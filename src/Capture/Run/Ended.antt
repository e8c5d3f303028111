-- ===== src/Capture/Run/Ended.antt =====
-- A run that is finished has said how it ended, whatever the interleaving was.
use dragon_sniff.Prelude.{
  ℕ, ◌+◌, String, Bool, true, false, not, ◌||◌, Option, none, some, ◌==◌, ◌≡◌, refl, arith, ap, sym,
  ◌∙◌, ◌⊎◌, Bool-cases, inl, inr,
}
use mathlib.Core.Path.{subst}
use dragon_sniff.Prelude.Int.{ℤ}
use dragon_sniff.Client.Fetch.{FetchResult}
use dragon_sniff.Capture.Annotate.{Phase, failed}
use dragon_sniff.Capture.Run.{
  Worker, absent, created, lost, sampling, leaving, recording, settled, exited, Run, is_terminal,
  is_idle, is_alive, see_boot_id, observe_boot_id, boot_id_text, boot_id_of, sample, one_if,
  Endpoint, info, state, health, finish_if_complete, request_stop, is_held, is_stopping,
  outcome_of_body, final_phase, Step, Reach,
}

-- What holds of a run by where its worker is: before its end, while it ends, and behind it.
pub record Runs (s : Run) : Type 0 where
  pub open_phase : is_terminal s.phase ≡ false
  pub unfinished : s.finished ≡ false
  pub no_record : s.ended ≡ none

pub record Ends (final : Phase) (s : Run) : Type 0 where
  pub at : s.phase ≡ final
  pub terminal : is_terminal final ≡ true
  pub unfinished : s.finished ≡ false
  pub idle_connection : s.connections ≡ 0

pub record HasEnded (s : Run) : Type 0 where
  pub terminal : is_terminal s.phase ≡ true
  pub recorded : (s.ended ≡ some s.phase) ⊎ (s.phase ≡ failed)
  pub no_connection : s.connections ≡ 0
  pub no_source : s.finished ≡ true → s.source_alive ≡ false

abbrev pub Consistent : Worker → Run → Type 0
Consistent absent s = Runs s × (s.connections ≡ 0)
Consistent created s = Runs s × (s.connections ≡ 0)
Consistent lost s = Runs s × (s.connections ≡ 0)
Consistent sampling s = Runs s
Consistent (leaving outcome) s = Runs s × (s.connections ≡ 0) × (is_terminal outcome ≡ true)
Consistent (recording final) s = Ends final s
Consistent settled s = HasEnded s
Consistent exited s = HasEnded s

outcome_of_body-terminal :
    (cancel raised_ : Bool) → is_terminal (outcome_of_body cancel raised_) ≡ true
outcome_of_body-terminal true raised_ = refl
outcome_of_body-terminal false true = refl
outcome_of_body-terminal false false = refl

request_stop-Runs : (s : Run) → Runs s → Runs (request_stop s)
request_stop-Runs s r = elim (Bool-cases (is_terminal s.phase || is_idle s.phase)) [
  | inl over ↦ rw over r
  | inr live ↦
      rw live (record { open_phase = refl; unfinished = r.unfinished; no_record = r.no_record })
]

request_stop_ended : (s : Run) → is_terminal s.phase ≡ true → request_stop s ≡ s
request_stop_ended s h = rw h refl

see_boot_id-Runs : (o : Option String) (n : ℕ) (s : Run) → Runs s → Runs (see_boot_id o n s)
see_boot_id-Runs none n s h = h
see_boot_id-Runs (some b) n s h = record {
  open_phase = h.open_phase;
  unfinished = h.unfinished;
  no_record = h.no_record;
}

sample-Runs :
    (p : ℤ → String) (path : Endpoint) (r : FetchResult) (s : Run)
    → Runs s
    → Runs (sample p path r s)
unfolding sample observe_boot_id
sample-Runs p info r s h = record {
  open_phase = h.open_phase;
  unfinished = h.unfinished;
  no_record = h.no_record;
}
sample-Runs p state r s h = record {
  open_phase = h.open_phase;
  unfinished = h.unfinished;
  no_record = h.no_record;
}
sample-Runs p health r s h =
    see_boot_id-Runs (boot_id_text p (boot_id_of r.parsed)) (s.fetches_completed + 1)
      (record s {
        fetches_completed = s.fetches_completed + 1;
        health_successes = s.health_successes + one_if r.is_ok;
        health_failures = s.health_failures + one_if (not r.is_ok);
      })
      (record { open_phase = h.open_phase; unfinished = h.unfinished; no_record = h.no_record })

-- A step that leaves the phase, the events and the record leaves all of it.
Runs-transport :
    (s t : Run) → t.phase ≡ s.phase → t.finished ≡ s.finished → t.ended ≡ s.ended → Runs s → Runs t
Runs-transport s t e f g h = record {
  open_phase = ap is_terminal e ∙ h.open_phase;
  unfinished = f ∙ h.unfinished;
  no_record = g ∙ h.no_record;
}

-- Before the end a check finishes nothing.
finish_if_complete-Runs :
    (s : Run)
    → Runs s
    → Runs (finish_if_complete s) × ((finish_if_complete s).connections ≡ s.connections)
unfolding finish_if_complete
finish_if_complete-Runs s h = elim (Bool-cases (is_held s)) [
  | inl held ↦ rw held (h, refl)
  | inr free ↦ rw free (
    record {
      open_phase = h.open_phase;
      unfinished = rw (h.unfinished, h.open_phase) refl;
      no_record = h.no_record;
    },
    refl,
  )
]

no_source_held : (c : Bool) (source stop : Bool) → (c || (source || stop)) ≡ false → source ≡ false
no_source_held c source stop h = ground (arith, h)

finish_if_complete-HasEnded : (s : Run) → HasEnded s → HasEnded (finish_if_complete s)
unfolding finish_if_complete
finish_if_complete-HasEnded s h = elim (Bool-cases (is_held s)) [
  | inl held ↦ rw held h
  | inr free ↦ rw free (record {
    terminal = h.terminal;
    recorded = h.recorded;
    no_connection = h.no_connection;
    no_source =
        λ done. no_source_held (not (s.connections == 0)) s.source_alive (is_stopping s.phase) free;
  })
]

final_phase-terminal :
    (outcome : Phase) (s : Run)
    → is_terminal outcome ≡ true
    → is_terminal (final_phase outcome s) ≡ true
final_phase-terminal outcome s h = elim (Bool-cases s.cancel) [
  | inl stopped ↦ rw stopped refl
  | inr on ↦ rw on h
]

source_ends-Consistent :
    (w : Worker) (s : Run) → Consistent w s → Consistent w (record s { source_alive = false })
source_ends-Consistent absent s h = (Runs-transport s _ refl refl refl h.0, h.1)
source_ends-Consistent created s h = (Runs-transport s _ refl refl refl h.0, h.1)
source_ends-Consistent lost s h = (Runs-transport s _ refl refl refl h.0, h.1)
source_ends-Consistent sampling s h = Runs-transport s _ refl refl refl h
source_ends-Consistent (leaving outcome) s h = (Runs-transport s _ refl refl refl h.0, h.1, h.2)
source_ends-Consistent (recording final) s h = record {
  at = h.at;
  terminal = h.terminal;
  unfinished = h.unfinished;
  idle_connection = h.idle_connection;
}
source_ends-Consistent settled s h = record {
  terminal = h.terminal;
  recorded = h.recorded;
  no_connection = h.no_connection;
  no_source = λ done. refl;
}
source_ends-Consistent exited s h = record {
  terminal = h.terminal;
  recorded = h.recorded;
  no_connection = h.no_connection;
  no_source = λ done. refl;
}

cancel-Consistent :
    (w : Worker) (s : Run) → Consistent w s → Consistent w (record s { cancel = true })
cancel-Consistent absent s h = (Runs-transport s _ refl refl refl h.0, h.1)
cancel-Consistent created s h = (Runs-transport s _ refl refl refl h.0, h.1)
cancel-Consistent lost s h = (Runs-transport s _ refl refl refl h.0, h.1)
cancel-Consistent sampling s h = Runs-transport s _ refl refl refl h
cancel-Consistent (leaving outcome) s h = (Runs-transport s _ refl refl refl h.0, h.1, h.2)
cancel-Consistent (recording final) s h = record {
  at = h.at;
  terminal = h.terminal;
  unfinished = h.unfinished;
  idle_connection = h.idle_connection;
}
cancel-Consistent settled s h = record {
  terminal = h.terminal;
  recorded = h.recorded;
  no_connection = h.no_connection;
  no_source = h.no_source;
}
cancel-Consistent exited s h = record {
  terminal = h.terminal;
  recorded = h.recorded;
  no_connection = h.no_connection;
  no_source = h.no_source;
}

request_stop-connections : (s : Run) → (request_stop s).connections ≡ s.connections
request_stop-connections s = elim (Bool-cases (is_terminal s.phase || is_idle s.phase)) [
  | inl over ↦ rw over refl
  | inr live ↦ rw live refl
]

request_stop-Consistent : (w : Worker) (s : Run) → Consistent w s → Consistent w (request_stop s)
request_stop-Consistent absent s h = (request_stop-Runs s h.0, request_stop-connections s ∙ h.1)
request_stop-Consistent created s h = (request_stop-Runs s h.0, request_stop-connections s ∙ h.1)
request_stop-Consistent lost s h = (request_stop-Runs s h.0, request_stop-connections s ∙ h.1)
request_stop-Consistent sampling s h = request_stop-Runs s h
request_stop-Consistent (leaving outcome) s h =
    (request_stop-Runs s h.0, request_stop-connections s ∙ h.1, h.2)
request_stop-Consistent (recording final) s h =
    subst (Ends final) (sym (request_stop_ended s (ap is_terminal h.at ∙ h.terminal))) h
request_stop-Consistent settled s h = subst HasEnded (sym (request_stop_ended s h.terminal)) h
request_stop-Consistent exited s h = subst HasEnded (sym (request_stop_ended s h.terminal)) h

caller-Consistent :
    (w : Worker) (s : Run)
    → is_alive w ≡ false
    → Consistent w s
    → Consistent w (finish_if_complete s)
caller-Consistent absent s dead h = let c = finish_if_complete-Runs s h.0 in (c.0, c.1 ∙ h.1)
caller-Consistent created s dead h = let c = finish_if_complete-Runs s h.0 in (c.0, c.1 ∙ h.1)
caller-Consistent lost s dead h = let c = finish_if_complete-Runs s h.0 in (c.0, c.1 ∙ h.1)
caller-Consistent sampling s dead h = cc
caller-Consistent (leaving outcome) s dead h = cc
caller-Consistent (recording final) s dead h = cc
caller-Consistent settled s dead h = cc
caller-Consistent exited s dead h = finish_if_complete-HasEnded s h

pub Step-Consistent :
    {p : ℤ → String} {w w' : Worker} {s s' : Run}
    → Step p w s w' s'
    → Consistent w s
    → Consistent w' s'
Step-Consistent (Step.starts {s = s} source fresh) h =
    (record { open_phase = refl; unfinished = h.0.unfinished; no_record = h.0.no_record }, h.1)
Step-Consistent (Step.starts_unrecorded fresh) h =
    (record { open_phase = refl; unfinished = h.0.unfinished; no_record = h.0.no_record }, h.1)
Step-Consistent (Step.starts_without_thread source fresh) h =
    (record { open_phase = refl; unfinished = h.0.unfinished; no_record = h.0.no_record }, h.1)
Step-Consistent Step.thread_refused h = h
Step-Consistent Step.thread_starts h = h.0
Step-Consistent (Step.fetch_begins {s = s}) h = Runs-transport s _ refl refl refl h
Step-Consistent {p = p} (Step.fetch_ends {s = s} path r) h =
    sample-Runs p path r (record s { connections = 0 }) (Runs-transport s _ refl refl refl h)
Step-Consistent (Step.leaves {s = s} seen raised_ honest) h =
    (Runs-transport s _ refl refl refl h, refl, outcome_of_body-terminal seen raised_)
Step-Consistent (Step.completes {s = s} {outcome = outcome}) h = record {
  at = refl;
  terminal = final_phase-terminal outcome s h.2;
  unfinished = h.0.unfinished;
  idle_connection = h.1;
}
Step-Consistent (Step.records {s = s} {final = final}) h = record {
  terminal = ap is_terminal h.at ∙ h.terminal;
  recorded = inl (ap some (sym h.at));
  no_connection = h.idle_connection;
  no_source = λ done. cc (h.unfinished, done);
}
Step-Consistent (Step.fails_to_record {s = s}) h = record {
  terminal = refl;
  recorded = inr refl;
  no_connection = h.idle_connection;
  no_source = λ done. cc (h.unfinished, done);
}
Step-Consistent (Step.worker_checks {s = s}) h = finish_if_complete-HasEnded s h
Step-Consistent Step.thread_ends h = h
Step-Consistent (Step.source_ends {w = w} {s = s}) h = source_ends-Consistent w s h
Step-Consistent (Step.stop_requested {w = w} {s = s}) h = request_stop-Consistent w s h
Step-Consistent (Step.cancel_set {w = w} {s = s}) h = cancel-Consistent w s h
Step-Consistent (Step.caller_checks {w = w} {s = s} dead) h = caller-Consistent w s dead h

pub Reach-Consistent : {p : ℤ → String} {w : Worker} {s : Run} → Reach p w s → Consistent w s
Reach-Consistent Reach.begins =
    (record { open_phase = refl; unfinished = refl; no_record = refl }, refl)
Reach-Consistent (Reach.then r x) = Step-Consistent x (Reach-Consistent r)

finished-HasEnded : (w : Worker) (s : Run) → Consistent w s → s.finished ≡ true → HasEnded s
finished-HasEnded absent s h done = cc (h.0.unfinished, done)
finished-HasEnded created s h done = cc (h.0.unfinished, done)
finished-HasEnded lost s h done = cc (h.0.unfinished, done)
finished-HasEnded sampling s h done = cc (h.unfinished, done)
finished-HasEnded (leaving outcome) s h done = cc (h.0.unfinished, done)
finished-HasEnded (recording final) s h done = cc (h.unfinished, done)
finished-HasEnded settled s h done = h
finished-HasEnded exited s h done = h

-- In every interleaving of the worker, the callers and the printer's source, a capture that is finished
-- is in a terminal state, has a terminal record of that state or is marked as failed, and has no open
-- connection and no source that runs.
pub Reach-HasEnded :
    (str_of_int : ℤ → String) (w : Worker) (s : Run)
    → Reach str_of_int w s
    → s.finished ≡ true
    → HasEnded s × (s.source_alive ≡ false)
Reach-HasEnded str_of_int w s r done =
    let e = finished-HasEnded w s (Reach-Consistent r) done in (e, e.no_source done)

YOUR OBJECTIVE:
Above are the records; copy exactly the lines from the one with "(str_of_int : ℤ" through the final line.

EXERCISE ANSWER:
    (str_of_int : ℤ → String) (w : Worker) (s : Run)
    → Reach str_of_int w s
    → s.finished ≡ true
    → HasEnded s × (s.source_alive ≡ false)
Reach-HasEnded str_of_int w s r done =
    let e = finished-HasEnded w s (Reach-Consistent r) done in (e, e.no_source done)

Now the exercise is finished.